Perjuangan mendapatkan aset tersebut melibatkan opini dari DPR, Badan Pemeriksa Keuangan (BPK) dan penegak hukum. BPK diminta persetujuan karena awalnya Kementerian BUMN sudah membayar uang muka untuk membeli Gedung Danareksa.

"Namun atas pertimbangan "menyelamatkan" aset Garuda agar tidak jatuh ke tangan sewasta, Menteri BUMN saat itu Sofyan Djalil menyetujui pembatalan pembelian Gedung Danareksa dan membeli Gedung Garuda. Penggantian tersebut mendapatkan persetujuan dari BPK," jelas Said.

Diakuinya bahwa rencana Rini untuk melakukan efisiensi memang punya dasar dan patut didukung.

Kementerian BUMN malah dari awal menyadari bahwa kantor tersebut terlalu besar sehingga beberapa instansi lain ikut menggunakan kantor tersebut, seperti KPK sejak 2008 menempati satu lantai, Dewan Perubahan Iklim satu lantai dan lain-lain, kata Said.

"Tapi mungkin bukan dengan cara menjual Kantor Kementerian BUMN yang lokasinya berada di Lingkaran 1 (Jalan Merdeka). Cukuplah gedung Indosat yang menjadi saksi bisu pelepasan aset negara di Lingkaran 1 tersebut," ujarnya lagi.

Indosat sebelumnya adalah perusahaan telekomunikasi milik negara, yang kemudian dijual ke swasta demi alasan memperkuat APBN.

"Gedung Indosat adalah satu-satunya gedung swasta yang saat ini ada di Ring 1," kata Said.
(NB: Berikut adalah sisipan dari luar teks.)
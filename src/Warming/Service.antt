-- ===== src/Warming/Service.antt =====
-- warming/service.go with the queue, the worker's turn and the retries of warming/worker_pool.go. The predictor,
-- the origin, the cache client, the limiter of golang.org/x/time/rate, the completion topic and the job ids are an
-- environment whose state `S` the calls pass along. `clock i` is the i-th reading of the clock in the text of
-- a call. The deduper of golang.org/x/sync lets the call through where no other task has the same key. The
-- pauses between retries are left out, and so is the duration of a task in its event.
pub mod Queue
pub mod Execution
pub mod Stops
pub mod Stopped
pub mod Halts
pub mod Retries
pub mod Settings
use distributed_caching_syst.Prelude.{
  ℕ, zero, suc, ◌+◌, ◌-◌, ◌*◌, ◌/◌, ◌%◌, ◌^◌, Bool, true, false, Option, none, some, List, [], ◌∷◌,
  ◌++◌, if◌then◌else◌, length, take, ltb, filter,
}
use distributed_caching_syst.Prelude.Int.{ℤ, pos, negsuc, pos_part, sub_ℕ, ◌+ℤ◌, ◌-ℤ◌, ltb_ℤ, leb_ℤ}
use distributed_caching_syst.GoString.{Bytes, codes, bytes_eq, has_prefix, has_suffix, trim_suffix}
use distributed_caching_syst.Warming.Tasks.{PlanOptions, WarmTask, is_zero, hour, plan}

pub record Config : Type 0 where
  pub max_origin_rps : ℤ
  pub max_batch_size : ℤ
  pub concurrent_warmers : ℤ
  pub default_ttl : ℤ
  pub origin_timeout : ℤ
  pub retry_attempts : ℤ
  pub emergency_threshold : ℤ
  pub default_strategy : Bytes

-- Five seconds for the origin, and a threshold of two.
abbrev pub default_config : Config
default_config = record {
  max_origin_rps = pos 100;
  max_batch_size = pos 50;
  concurrent_warmers = pos 10;
  default_ttl = hour;
  origin_timeout = pos 5_000_000_000;
  retry_attempts = pos 3;
  emergency_threshold = pos 2_000_000_000;
  default_strategy = codes "priority";
}

pub record Metrics : Type 0 where
  pub jobs_total : ℕ
  pub success_total : ℕ
  pub failure_total : ℕ
  pub origin_requests : ℕ
  pub cache_writes : ℕ
  pub rate_limit_hits : ℕ
  pub emergency_stops : ℕ
  pub total_duration : ℕ

pub record Completion : Type 0 where
  pub key : Bytes
  pub status : Bytes
  pub strategy : Bytes

pub record Environment (S : Type 0) : Type 0 where
  pub predict_hot_keys : ℤ → ℤ → S → Option (List Bytes)
  pub fetch : Bytes → S → Option (Bytes × ℤ) × S
  pub cache_set : Bytes → Bytes → ℤ → S → Bool × S
  pub wait : S → Bool × S
  pub publish : Completion → S → S
  pub score : ℕ → ℕ → ℕ → ℤ
  pub generate_job_id : ℤ → Bytes

pub record Service (S : Type 0) : Type 0 where
  pub config : Config
  pub origin_fetcher : Bool
  pub cache_client : Bool
  pub task_queue : List WarmTask
  pub metrics : Metrics
  pub emergency_stop : Bool
  pub outside : S

pub data Error : Type 0 where
  no_keys no_pattern stopped prediction_failed unknown_strategy rate_limited no_fetcher fetch_failed
        high_latency write_failed :
      Error

-- A call replies, fails, or panics on a division by zero.
pub data Result {ℓ} (A : Type ℓ) : Type ℓ where
  ok : A → Result A
  err : Error → Result A
  panic : Result A

pub record WarmKeyRequest : Type 0 where
  pub keys : List Bytes
  pub priority : ℤ
  pub strategy : Bytes

pub record WarmPatternRequest : Type 0 where
  pub pattern : Bytes
  pub limit : ℤ
  pub priority : ℤ
  pub strategy : Bytes
  pub keys : List Bytes

-- The response to the three calls that queue tasks; the one for a pattern also repeats the pattern.
pub record Response : Type 0 where
  pub success : Bool
  pub queued : ℕ
  pub keys : List Bytes
  pub job_id : Bytes
  pub estimated_time : ℤ

pub record UpdateConfigRequest : Type 0 where
  pub max_origin_rps : Option ℤ
  pub max_batch_size : Option ℤ
  pub concurrent_warmers : Option ℤ
  pub default_strategy : Bytes

abbrev pub add_int64 : ℕ → ℕ → ℕ
add_int64 a b = (a + b) % 2 ^ 64

abbrev pub is_empty : Bytes → Bool
is_empty [] = true
is_empty (_ ∷ _) = false

-- The buffer of the channel.
abbrev pub queue_size : ℕ
queue_size = 1000

-- The loop of `QueueTasks`: a task for which the channel has no room is dropped.
unfoldable pub queue_tasks : List WarmTask → List WarmTask → List WarmTask × ℕ
queue_tasks [] queue = (queue, 0)
queue_tasks (task ∷ tasks) queue =
    let fits = ltb (length queue) queue_size in
    let (queue', queued) = queue_tasks tasks (if fits then queue ++ task ∷ [] else queue) in
    (queue', if fits then suc queued else queued)

-- `a / b` of ints, which rounds towards zero.
abbrev pub quotient : ℕ → ℤ → Option ℤ
quotient a (pos zero) = none
quotient a (pos (suc n)) = some (pos (a / suc n))
quotient a (negsuc n) = some (sub_ℕ 0 (a / suc n))

-- The keys that start with what stands before the asterisk, if there is one.
unfoldable pub filter_by_pattern : List Bytes → Bytes → List Bytes
filter_by_pattern keys pattern =
    if bytes_eq pattern (codes "*")
    then keys
    else filter (has_prefix (trim_suffix (codes "*") pattern)) keys

abbrev pub limit_keys : ℤ → List Bytes → List Bytes
limit_keys limit keys = if ltb_ℤ (pos 0) limit then take (pos_part limit) keys else keys

abbrev pub nothing_queued : Response
nothing_queued = record {
  success = true;
  queued = 0;
  keys = [];
  job_id = [];
  estimated_time = pos 0;
}

module _ {S : Type 0} (env : Environment S) where
  -- The end of the calls that queue tasks. The tasks are queued before the division.
  unfoldable pub queue_job :
      (ℕ → ℤ) → List Bytes → List WarmTask → Service S → Service S × Result Response
  queue_job clock keys tasks s =
      let (queue, queued) = queue_tasks tasks s.task_queue in
      (
        record s {
          task_queue = queue;
          metrics = record (s.metrics) { jobs_total = add_int64 s.metrics.jobs_total queued };
        },
        elim (quotient (queued * 50) s.config.concurrent_warmers) [
          | none ↦ panic
          | some estimate ↦ ok (record {
            success = true;
            queued = queued;
            keys = keys;
            job_id = env.generate_job_id (clock 0);
            estimated_time = estimate;
          })
        ],
      )

  unfoldable pub key_tasks : WarmKeyRequest → Service S → List Bytes → List WarmTask
  key_tasks req s [] = []
  key_tasks req s (key ∷ keys) =
      record {
        key = key;
        priority = if is_zero req.priority then pos 50 else req.priority;
        estimated_cost = 50;
        ttl = s.config.default_ttl;
        strategy = req.strategy;
      }
      ∷ key_tasks req s keys

  unfoldable pub warm_key : (ℕ → ℤ) → WarmKeyRequest → Service S → Service S × Result Response
  warm_key clock req s = elim req.keys [
    | [] ↦ (s, err no_keys)
    | _ ∷ _ ↦
        if s.emergency_stop
        then (s, err stopped)
        else queue_job clock req.keys (key_tasks req s req.keys) s
  ]

  abbrev pub hot_keys : List Bytes → Bytes → S → Option (List Bytes)
  hot_keys [] pattern outside = elim (env.predict_hot_keys hour (pos 100) outside) [
    | none ↦ none
    | some predicted ↦ some (filter_by_pattern predicted pattern)
  ]
  hot_keys (key ∷ keys) pattern outside = some (key ∷ keys)

  unfoldable pub warm_pattern :
      (ℕ → ℤ) → WarmPatternRequest → Service S → Service S × Result Response
  warm_pattern clock req s =
      if is_empty req.pattern
      then (s, err no_pattern)
      else if s.emergency_stop
      then (s, err stopped)
      else elim (hot_keys req.keys req.pattern s.outside) [
        | none ↦ (s, err prediction_failed)
        | some found ↦
            let keys = limit_keys req.limit found in
            let name = if is_empty req.strategy then s.config.default_strategy else req.strategy in
            elim (plan env.score name
              (record { keys = keys; priority = req.priority; limit = req.limit })) [
                | none ↦ (s, err unknown_strategy)
                | some tasks ↦ queue_job clock keys tasks s
              ]
      ]

  unfoldable pub trigger_predictive : (ℕ → ℤ) → Service S → Service S × Result Response
  trigger_predictive clock s =
      if s.emergency_stop
      then (s, err stopped)
      else elim (env.predict_hot_keys hour (pos 100) s.outside) [
        | none ↦ (s, err prediction_failed)
        | some [] ↦ (s, ok nothing_queued)
        | some (key ∷ keys) ↦
            elim (plan env.score (codes "priority")
              (record { keys = key ∷ keys; priority = pos 80; limit = pos 0 })) [
                | none ↦ (s, err unknown_strategy)
                | some tasks ↦ queue_job clock (key ∷ keys) tasks s
              ]
      ]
Saran dia untuk efisiensi, gedung BUMN bisa disewakan ke pihak lain seperti SKK Migas dan BUMN/perwakilan BUMN yg saat inj masih menyewa kantor di berbagai tempat atau digunakan bersama dengan Kementerian/Lembaga yang belum memiliki kantor.

"Perlu diketahui bahwa anggaran kementerian BUMN selama ini adalah yang terendah dari seluruh Kementerian dan Lembaga yang ada, hanya sekitar Rp 200 miliar- Rp 300 miliar per tahun," pungkasnya.